### Assigned task
Count lines with "reserved" below; give only the number.
===== Exercise inputs =====
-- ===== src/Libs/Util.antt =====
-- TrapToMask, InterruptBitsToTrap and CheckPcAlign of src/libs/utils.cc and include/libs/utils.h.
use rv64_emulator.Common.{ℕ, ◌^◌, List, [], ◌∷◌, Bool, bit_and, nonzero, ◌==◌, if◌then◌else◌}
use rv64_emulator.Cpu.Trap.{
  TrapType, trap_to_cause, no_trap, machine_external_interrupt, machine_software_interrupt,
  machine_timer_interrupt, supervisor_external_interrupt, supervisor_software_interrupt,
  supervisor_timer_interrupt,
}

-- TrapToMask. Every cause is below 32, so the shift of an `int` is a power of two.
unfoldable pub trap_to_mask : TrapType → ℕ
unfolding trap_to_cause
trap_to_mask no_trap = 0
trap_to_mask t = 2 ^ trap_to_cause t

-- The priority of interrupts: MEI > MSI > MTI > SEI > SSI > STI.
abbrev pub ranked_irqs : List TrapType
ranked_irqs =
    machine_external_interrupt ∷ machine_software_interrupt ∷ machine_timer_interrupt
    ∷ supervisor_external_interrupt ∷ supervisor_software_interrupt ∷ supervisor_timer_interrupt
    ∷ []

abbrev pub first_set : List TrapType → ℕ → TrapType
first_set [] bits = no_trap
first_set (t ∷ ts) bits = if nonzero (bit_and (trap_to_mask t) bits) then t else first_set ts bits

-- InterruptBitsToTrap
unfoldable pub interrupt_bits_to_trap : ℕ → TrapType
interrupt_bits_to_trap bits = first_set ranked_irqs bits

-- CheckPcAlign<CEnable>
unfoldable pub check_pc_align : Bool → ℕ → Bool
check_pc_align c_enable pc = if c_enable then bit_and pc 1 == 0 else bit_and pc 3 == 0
=====
===== Exercise inputs =====
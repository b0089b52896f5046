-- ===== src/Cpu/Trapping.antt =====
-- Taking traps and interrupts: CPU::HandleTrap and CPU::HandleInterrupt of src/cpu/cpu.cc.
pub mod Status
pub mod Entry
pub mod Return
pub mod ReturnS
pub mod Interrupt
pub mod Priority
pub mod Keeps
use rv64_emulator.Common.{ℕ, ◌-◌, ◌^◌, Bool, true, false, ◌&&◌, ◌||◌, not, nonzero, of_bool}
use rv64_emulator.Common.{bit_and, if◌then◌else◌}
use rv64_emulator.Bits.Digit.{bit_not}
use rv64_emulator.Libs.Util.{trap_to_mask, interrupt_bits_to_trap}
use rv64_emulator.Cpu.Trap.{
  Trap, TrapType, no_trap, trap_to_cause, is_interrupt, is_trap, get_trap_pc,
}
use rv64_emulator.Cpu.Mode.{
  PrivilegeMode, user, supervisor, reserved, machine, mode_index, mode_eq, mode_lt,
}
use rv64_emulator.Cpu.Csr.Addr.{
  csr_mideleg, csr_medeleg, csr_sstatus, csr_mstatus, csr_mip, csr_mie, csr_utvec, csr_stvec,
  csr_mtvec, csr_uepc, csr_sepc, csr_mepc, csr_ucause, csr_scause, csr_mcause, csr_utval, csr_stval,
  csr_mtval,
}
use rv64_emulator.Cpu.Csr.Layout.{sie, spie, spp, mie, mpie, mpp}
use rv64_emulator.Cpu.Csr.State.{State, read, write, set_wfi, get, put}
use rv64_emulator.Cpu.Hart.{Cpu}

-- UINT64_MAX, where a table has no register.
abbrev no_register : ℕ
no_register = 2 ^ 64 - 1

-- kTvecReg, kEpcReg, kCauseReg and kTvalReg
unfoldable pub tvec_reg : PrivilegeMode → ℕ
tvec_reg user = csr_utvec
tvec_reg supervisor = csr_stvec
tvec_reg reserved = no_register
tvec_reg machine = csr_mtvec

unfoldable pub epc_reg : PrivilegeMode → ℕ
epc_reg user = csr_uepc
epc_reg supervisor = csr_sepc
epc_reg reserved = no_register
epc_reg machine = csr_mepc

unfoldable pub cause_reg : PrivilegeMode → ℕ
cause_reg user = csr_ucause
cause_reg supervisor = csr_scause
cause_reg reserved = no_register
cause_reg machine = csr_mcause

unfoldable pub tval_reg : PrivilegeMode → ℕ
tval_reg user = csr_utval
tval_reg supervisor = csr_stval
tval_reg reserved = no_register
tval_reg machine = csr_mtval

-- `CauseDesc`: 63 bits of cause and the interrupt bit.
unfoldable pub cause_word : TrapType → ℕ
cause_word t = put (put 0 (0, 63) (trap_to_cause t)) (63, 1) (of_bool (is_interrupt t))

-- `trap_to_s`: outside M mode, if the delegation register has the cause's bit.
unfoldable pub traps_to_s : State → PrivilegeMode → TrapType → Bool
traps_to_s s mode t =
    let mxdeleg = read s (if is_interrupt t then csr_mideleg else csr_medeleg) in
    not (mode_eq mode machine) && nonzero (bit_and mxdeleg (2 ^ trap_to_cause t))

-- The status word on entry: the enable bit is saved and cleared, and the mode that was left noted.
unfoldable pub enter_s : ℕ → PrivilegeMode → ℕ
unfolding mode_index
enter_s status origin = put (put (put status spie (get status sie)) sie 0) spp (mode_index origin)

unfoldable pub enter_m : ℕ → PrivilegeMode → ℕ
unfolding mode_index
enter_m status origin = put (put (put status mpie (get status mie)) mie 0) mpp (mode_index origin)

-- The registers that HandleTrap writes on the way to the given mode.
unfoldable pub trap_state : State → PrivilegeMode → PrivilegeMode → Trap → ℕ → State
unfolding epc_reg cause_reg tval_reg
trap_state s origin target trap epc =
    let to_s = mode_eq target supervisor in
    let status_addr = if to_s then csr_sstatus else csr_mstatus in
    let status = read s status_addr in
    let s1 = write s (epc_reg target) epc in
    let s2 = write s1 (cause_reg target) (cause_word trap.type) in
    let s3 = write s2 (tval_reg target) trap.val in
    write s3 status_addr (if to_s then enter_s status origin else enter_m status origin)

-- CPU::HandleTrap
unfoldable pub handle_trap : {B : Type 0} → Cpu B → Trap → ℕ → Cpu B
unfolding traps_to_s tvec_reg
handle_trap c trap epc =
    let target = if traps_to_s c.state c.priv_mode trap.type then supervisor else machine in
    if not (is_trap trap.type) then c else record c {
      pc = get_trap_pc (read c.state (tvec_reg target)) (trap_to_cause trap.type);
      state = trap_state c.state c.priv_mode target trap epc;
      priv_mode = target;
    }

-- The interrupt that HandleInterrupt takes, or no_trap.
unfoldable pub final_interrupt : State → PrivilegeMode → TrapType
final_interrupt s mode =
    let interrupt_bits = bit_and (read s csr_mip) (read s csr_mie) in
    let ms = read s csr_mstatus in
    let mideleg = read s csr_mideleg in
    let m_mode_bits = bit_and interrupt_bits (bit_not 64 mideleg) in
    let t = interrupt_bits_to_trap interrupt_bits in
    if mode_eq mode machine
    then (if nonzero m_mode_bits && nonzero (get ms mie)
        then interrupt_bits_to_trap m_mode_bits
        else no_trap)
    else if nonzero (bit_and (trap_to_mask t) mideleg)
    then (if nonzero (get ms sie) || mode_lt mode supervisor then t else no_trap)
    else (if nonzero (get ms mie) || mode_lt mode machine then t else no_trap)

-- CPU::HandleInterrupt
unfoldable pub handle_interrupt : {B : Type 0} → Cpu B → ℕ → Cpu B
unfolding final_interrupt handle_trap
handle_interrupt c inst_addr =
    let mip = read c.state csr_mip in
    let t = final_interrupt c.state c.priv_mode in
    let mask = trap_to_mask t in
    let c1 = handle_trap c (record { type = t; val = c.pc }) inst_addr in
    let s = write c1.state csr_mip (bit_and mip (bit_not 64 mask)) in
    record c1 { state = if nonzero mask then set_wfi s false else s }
=====
===== Exercise inputs =====
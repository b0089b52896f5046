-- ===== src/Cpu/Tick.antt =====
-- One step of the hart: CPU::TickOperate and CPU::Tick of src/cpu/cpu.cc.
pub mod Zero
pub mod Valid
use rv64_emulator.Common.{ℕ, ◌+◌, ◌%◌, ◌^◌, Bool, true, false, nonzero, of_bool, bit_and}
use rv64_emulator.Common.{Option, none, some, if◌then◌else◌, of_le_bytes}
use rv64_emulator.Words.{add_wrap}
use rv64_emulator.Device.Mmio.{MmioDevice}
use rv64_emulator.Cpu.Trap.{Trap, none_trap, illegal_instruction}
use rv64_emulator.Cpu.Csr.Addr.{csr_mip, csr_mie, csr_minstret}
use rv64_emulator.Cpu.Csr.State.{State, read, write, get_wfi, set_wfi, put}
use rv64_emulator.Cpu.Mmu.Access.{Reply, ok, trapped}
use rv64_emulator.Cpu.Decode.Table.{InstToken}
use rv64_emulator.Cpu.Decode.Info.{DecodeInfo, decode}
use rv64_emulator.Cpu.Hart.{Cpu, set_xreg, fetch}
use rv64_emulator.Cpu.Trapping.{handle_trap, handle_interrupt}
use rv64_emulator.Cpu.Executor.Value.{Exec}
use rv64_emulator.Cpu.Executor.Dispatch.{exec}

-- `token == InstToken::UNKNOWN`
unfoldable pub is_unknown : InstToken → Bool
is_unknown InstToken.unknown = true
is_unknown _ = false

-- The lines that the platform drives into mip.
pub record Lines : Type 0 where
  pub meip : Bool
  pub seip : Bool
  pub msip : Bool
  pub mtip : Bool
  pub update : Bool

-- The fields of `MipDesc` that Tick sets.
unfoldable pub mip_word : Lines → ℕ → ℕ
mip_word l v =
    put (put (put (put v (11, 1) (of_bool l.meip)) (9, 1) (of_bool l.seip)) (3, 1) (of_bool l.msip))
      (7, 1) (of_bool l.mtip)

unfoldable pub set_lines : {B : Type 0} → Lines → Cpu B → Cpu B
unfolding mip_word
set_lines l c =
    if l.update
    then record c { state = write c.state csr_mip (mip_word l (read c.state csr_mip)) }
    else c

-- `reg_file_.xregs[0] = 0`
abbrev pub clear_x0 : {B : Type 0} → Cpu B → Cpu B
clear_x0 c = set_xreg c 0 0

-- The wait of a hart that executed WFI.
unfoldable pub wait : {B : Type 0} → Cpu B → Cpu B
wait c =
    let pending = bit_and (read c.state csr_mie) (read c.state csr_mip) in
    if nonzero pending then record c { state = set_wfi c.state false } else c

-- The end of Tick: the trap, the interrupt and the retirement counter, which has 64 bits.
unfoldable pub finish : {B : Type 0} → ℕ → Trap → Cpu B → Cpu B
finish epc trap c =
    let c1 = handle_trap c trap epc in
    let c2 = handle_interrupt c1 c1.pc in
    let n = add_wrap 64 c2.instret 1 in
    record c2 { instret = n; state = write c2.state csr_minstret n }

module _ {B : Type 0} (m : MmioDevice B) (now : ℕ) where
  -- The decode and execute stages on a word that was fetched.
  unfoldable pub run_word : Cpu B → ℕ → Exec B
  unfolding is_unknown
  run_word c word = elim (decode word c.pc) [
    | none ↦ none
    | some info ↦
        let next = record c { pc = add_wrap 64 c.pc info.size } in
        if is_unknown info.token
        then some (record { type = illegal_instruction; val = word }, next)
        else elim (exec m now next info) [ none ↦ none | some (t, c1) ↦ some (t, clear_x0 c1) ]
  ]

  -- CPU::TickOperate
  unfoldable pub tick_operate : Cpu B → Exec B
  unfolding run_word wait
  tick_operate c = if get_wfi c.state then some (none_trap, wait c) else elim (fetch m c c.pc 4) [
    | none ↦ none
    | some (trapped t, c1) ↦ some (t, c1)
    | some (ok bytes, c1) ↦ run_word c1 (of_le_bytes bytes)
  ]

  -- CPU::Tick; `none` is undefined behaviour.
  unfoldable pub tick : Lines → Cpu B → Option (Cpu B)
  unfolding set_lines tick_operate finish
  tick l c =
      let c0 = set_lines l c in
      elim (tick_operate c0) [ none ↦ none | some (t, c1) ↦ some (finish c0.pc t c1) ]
=====
### Answer for the task
5